Der Apache frisst mir den gesammt arbeitsspeicher weg. Woran kann das liegen ? Habe in letzter Zeit eigentlich nichts geändert.


----------



## port29 (4. Mai 2009)

Ich kann jetzt nur tippen, aber für mich sieht es so aus, als wenn du irgendwo ein Script hast, das in einer Endlosschleife läuft.
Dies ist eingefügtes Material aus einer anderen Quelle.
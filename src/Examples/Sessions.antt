-- ===== src/Examples/Sessions.antt =====
-- A container with retired nodes, and a session that comes and goes.
use yakushima.Common.{
  ◌≡◌, ◌≤◌, inr, refl, true, false, Bool, List, [], ◌∷◌, ◌++◌, Option, some, none, arith, update,
}
use yakushima.GarbageCollection.{ConcurrentQueue, Elem, Container, gc_node, gc_value, fin}
use yakushima.GarbageCollection.Collected.{
  held, Collected, Finished, gc_node-Collected, gc_value-Collected, fin-Finished,
}
use yakushima.Epoch.{init_table, gain_the_right, epoch_inc, max_epoch}
use yakushima.Epoch.Reclaim.{
  gained, loaded, inside, verifying, taking_min, System, start, set_begin_epoch, gain, load_epoch,
  publish, load_current, verify, advance, Steps, done, more, Held, held_here, held_on,
}
use yakushima.Epoch.Safety.{epoch_moves_once}

-- A list as a queue.
abbrev is_empty : {A : Type 0} → List A → Bool
is_empty [] = true
is_empty (x ∷ xs) = false

abbrev pop : {A : Type 0} → List A → Option (A × List A)
pop [] = none
pop (x ∷ xs) = some (x, xs)

empty-pop : {A : Type 0} (q : List A) → q ≡ [] → is_empty q ≡ true
empty-pop q e = rw e refl

pop-front :
    {A : Type 0} (q : List A) (a : A) (later : List A)
    → q ≡ a ∷ later
    → (is_empty q ≡ false) × (q' : List A) × (pop q ≡ some (a, q')) × (q' ≡ later)
pop-front q a later e = rw e (refl, later, refl, refl)

abbrev list_queue : (A : Type 0) → ConcurrentQueue A
list_queue A = record {
  Queue = List A;
  contents = λ q. q;
  empty = is_empty;
  try_pop = pop;
  push = λ q a. q ++ a ∷ [];
  empty-contents = empty-pop;
  try_pop-contents = pop-front;
  push-contents = λ q a. refl;
}

abbrev nodes : ConcurrentQueue (Elem Unit)
nodes = list_queue (Elem Unit)

abbrev container : Container nodes
container = record { cache = (3, 100, tt); queue = (4, 200, tt) ∷ (9, 300, tt) ∷ [] }

gc_node-Collected_example : Collected nodes 5 (held nodes container) (gc_node nodes 3 5 container)
gc_node-Collected_example = gc_node-Collected nodes 3 5 container (refl, (refl, tt)) (omega arith)

gc_value-Collected_example : Collected nodes 5 (held nodes container) (gc_value nodes 3 5 container)
gc_value-Collected_example = gc_value-Collected nodes 3 5 container (refl, (refl, tt)) (omega arith)

fin-Finished_example : Finished nodes (held nodes container) (fin nodes 3 container)
fin-Finished_example = fin-Finished nodes 3 container (omega arith)

-- The one session of a system comes, and the epoch thread goes round once.
abbrev taken : System
taken = record start {
  table = update init_table 0 (record { begin_epoch = 0; running = true });
  caller = update start.caller 0 gained;
}

abbrev read : System
read = record taken { caller = update taken.caller 0 (loaded 1) }

abbrev entered : System
entered = record read {
  table = set_begin_epoch read.table 0 1;
  caller = update read.caller 0 inside;
}

entered-Steps : Steps 1 start entered
unfolding gain_the_right
entered-Steps =
    more start read entered
      (more start taken read
        (more start start taken (done start)
          (gain start 0 (record { begin_epoch = 0; running = true }) (omega arith) refl))
        (load_epoch taken 0 (omega arith) refl))
      (publish read 0 1 (omega arith) refl)

abbrev looking : System
looking = record entered { thread = verifying 1 0 }

abbrev looked : System
looked = record entered { thread = verifying 1 1 }

abbrev moved : System
moved = record entered { epoch = epoch_inc 1; thread = taking_min max_epoch 0 }

moved-Held : Held 1 0 entered moved
moved-Held =
    held_on entered looked moved
      (held_on entered looking looked
        (held_on entered entered looking (held_here entered refl) (load_current entered refl) refl)
        (verify looking 1 0 refl (omega arith) (inr refl)) refl)
      (advance looked 1 refl (omega arith)) refl

epoch_moves_once_example :
    ((moved.table 0).begin_epoch ≡ 1) × (moved.epoch ≤ 2) × (moved.gc_epoch ≤ 1)
epoch_moves_once_example = epoch_moves_once entered-Steps moved-Held (omega arith)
Wie lange dauert es, bis das Verhalten wieder auftritt, wenn du dem apachen ein Pfeil zwischen den Augen durchjagst?


----------



## Johannes7146 (5. Mai 2009)

Also ich hab mal eine Dienste die nicht benötigt werden gestoppt bzw deinstalliert. Nun sind ca 60mb ram (von 200mb) frei. Habe gestern abend den Indianer neugestartet. Bisher läuft er noch. Allerdings sind nachts auch nicht wirklich viele User auf der Seite.
Ich gehe davon aus das Drupal Scripte am laufen hat, allerdings habe ich jedes Modul und Drupal selbst in einer Stabel Version installiert.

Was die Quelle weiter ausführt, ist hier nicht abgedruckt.